Its Beauty is its Simplicity
ciBioBase's waypoint feature is not intended to be a waypoint file manager and advanced analysis tool but rather an easy way for users to incorporate spatial samples into their ciBioBase maps and reports for viewing and sharing needs.

Figure 1. shows how multiple waypoint "layers" can be filtered from one grand spreadsheet of point-intercept survey points.  Only points of interest can be uploaded as individual files (a max of 4 data columns are allowed) and easily deleted if needed.  Figure 1. shows Eurasian watermilfoil survey points in yellow and non-milfoil points in blue.  Without going to any other lengths to combine these data layers as mentioned in previous posts, you can already see that the dense bed in the NW bay of McCarron's Lake is probably mostly Eurasian watermilfoil.

Made for Easy Data Sharing Through a Link
After a .csv waypoint file is successfully uploaded, users must reprocess their report by clicking on the lower right icon in their waypoint viewer (Figure 1).  After less than 5 minutes, you'll receive an email saying the report is done reprocessing.  Figure 2 is an excerpt showing how the various layers are incorporated into the reports and have collapsible views.  Click here to get this exact report.  Try highlighting the data and pasting into Excel.  Now you have all the data that was in the report and you can do your own analysis on the data.  Large file attachments of spreadsheets are no longer needed with this feature.  Just send your partners or clients the link to the report or embed it in your lake survey report.

Figure 2.  Excerpt from a reprocessed automated report with waypoints from a point-intercept  plant species survey incorporated into the report.  Highlighting the data and pasting into MS Excel allows for quick sharing of data.
Some additional notes about use
This waypoint feature is in the beta stage of development.  We encourage its use by our clients and appreciate feedback on its utility and suggested improvements.  As mentioned above, the aim of this tool is not to be an alternative to GIS or other waypoint management programs but rather a way of quickly integrating waypoints into ciBioBase for viewing and sharing.

Pay careful attention to the file prerequisites (e.g., header names, decimal degree coord. system) as files will not load if they are not met.  Contact CI if you need assistance using the tool.

Friday, February 1, 2013

Lowrance GPS Accuracy: Seeing is believing!

A quick post to demonstrate the precision of Lowrance's internal WAAS corrected GPS antennae is in a variety of open water environments.  Docks? Boat lifts? Overhanging trees?  No problem.  WAAS correction in North America is explained here.  Have a look at a couple examples in ciBioBase:
GPS Track from a Lowrance HDS on Newport Bay, California overlain onto a bathymetry map created by automated processing of the Lowrance .sl2 log file by ciBioBase.  This trip was used for water volume calculations, bathymetry, and vegetation mapping

GPS tracks and ciBioBase derived bathymetry map in a 3-acre pond in a wooded valley in a metropolitan area of Minnesota, an example of retention pond volume monitoring.

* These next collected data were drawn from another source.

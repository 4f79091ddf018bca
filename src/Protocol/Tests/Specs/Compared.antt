-- ===== src/Protocol/Tests/Specs/Compared.antt =====
-- Comparisons of the JUDGMENT_ONLY spec with itself and with others.
use llm_evaluation_lab.Base.{◌≡◌, refl, ◌↔◌, List, [], ◌∷◌}
use llm_evaluation_lab.Base.Result.{ok, err}
use llm_evaluation_lab.Json.{Json, str, obj, array, has}
use llm_evaluation_lab.Cup.Error.{value_error}
use llm_evaluation_lab.Protocol.Compare.{require_successor, compare_controls}
use llm_evaluation_lab.Protocol.Compare.Comparable.{
  AreComparable, compare_controls-AreComparable_iff,
}
use llm_evaluation_lab.Protocol.Tests.Specs.{judgment_document}
use llm_evaluation_lab.Protocol.Tests.Specs.Entrant.{set}

abbrev original : Json
original = obj judgment_document

abbrev renamed : Json
renamed = obj (set "canonical_fingerprint" (str "g") judgment_document)

abbrev draft : Json
draft = obj (set "spec_status" (str "DRAFT") judgment_document)

abbrev three : List Json
three = original ∷ original ∷ original ∷ []

three_agree : compare_controls three ≡ ok tt
unfolding compare_controls has array
three_agree = refl

other_identity :
    compare_controls (original ∷ original ∷ renamed ∷ [])
    ≡ err (value_error "F1 requires identical SearchSpec identity")
unfolding compare_controls has array
other_identity = refl

draft_last :
    compare_controls (original ∷ draft ∷ [])
    ≡ err (value_error "comparison requires frozen declarations")
unfolding compare_controls has
draft_last = refl

one_alone :
    compare_controls (original ∷ [])
    ≡ err (value_error "comparison requires at least two declarations")
unfolding compare_controls
one_alone = refl

same_run :
    require_successor original renamed "r1" "r1"
    ≡ err (value_error "post-freeze change requires new version and run identity")
unfolding require_successor has
same_run = refl

compare_controls-AreComparable_iff_example : (compare_controls three ≡ ok tt) ↔ AreComparable three
compare_controls-AreComparable_iff_example = compare_controls-AreComparable_iff three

GPS tracks and ciBioBase derived contour map of a 3-acre pond in Illinois for water
volume and aquatic vegetation analysis

GPS tracks around docks and boat lifts and ciBioBase derived contour map on Grand Lake O the Cherokees near Tulsa  Oklahoma.  The satellite even shows data collection in an area where a boat can be moored next to the dock.  That's close!